Other TBI Issues
 

Research on outcomes of TBI is only one component of a broader effort to improve the lives of children with TBI. Meeting participants also noted the need for improved education and awareness of TBI as a public health problem and the need for more CDC research. To address those needs, participants offered the following suggestions:

 

 

Education and Awareness


In the TBI Act Reauthorization of 2000, CDC has been given expanded authorization for an education and awareness campaign. The campaign should consider:

Increasing overall public awareness

  • A recent Harris poll, commissioned by the Brain Injury Association, revealed that the American public greatly underestimates the magnitude and importance of TBI (www.biausa.org/harrispollresults.htm. Accessed January 24, 2001).

  • All educational efforts should strive to use standard terminology to increase understanding and improve communication about TBI.

Raising awareness in the medical and TBI communities

  • The campaign should educate the medical and TBI communities that so-called "mild" TBI can result in serious, long-term deficits. A relatively large number of children have problems after mild TBI.

  • A group of neuropsychologists, now at the University of Pittsburgh, has developed a computer-based sports sideline screening for symptoms of concussion. The National Football League (NFL) first used the screening, and now some college and high school sports use it, which has generated a lot of attention from parents.

Increasing the awareness of parents and caregivers

  • Parents and caregivers also need to better understand what they can expect after a child has a TBI, especially a less severe TBI.

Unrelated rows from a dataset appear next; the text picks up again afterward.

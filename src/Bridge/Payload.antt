-- ===== src/Bridge/Payload.antt =====
-- What the oracle signs says which withdrawal it is for.
use sysbreak_trust.Base.{
  ℕ, ◌<◌, ◌^◌, ◌≡◌, arith, ◌∷◌, ◌++◌, Text, count, count-++, cut_first, cut_last, to_string,
  to_string-injective, count-to_string,
}
use sysbreak_trust.Bridge.Helpers.{withdrawal_payload}

-- A text without a colon.
abbrev pub IsPlain : Text → Type 0
IsPlain t = count b':' t ≡ 0

-- The part after the nonce.
abbrev tail_of : Text → ℕ → ℕ → Text
tail_of player credits tokens = player ++ (b':' ∷ (to_string credits ++ (b':' ∷ to_string tokens)))

count-tail_of :
    (player : Text) (credits tokens : ℕ)
    → IsPlain player
    → count b':' (tail_of player credits tokens) ≡ 2
count-tail_of player credits tokens h = ground (
  arith,
  count-++ b':' player (b':' ∷ (to_string credits ++ (b':' ∷ to_string tokens))),
  count-++ b':' (to_string credits) (b':' ∷ to_string tokens),
  count-to_string b':' credits (omega arith),
  count-to_string b':' tokens (omega arith),
)

-- The part after `withdraw:` without the literal.
after_word :
    (chain contract nonce player chain' contract' nonce' player' : Text) (c t c' t' : ℕ)
    → withdrawal_payload chain contract nonce player c t
      ≡ withdrawal_payload chain' contract' nonce' player' c' t'
    → chain ++ (b':' ∷ (contract ++ (b':' ∷ (nonce ++ (b':' ∷ tail_of player c t)))))
      ≡ chain' ++ (b':' ∷ (contract' ++ (b':' ∷ (nonce' ++ (b':' ∷ tail_of player' c' t')))))
unfolding withdrawal_payload
after_word chain contract nonce player chain' contract' nonce' player' c t c' t' e = cc e

-- Two withdrawals whose chain, contract and player have no colon in their texts, and whose amounts
-- fit 128 bits, are signed over the same text only if they are the same in all six parts, whatever
-- the nonces, which may have colons.
pub payload_tells_all :
    (chain contract nonce player chain' contract' nonce' player' : Text) (c t c' t' : ℕ)
    → IsPlain chain
    → IsPlain chain'
    → IsPlain contract
    → IsPlain contract'
    → IsPlain player
    → IsPlain player'
    → c < 2 ^ 128
    → t < 2 ^ 128
    → c' < 2 ^ 128
    → t' < 2 ^ 128
    → withdrawal_payload chain contract nonce player c t
      ≡ withdrawal_payload chain' contract' nonce' player' c' t'
    → (chain ≡ chain')
      × (contract ≡ contract')
      × (nonce ≡ nonce')
      × (player ≡ player')
      × (c ≡ c')
      × (t ≡ t')
payload_tells_all chain contract nonce player chain' contract' nonce' player' c t c' t' pc pc' pk
      pk' pp pp' sc st sc' st' e =
    let whole =
      after_word chain contract nonce player chain' contract' nonce' player' c t c' t' e in
    let (same_chain, e1) = cut_first b':' chain chain' _ _ pc pc' whole in
    let (same_contract, e2) = cut_first b':' contract contract' _ _ pk pk' e1 in
    let counts : count b':' (tail_of player c t) ≡ count b':' (tail_of player' c' t') =
      ground (arith, count-tail_of player c t pp, count-tail_of player' c' t' pp') in
    let (same_nonce, e3) = cut_last b':' nonce nonce' _ _ counts e2 in
    let (same_player, e4) = cut_first b':' player player' _ _ pp pp' e3 in
    let (credits, tokens) =
      cut_first b':' (to_string c) (to_string c') _ _ (count-to_string b':' c (omega arith))
        (count-to_string b':' c' (omega arith)) e4 in
    (
      same_chain,
      same_contract,
      same_nonce,
      same_player,
      to_string-injective c c' sc sc' credits,
      to_string-injective t t' st st' tokens,
    )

  • Cultural sensitivity is critical.

  • Efforts to develop materials that increase awareness should begin with focus groups to understand children's and families' perspectives and the language that is meaningful to them.

  • Educational efforts should be sensitive to the different information needs of parents of children whose disability resulted from a sudden change (i.e., TBI) and of parents of children with developmental disability. An education campaign should try to ensure that the information about possible outcomes of TBI in children does not result in negative self-fulfilling prophecies. For example, children with mild-to-moderate TBI may have cognitive deficits, but they are still capable of learning.

 

Dissemination

CDC should distribute educational materials as widely as possible, including through the HRSA Maternal and Child Health Bureau Clearinghouse, which distributes a wide range of materials on children’s health.

CDC Research Efforts

Meeting participants offered the following additional suggestions for steps the CDC should take to improve knowledge about TBI outcomes in children.

  • Continue to collect data while ensuring more widespread dissemination.

CDC should continue to increase awareness of the TBI problem by collecting and sharing data about the incidence and prevalence of TBI and TBI-related disability. Information should be in a form that can be distributed by health professionals to people with TBI and their families. For example, CDC should publish more brochures like the concussion brochure (Facts about Concussion and Brain Injury, Accessed January 24, 2001).

  • Support, promote and conduct additional research.

CDC should make its surveillance data sets more widely and readily available to other researchers and professionals, including via the Internet.

CDC needs to identify research gaps and issue requests for proposals (RFPs) to address those gaps. Future CDC studies should document:

    • the disproportionately low funding for TBI compared with the burden of TBI

    • poor coverage of services by insurance companies

    • the percentage of children with TBI receiving services and the percentage not receiving them

    • the need for appropriate educational programming for children and youth with TBI.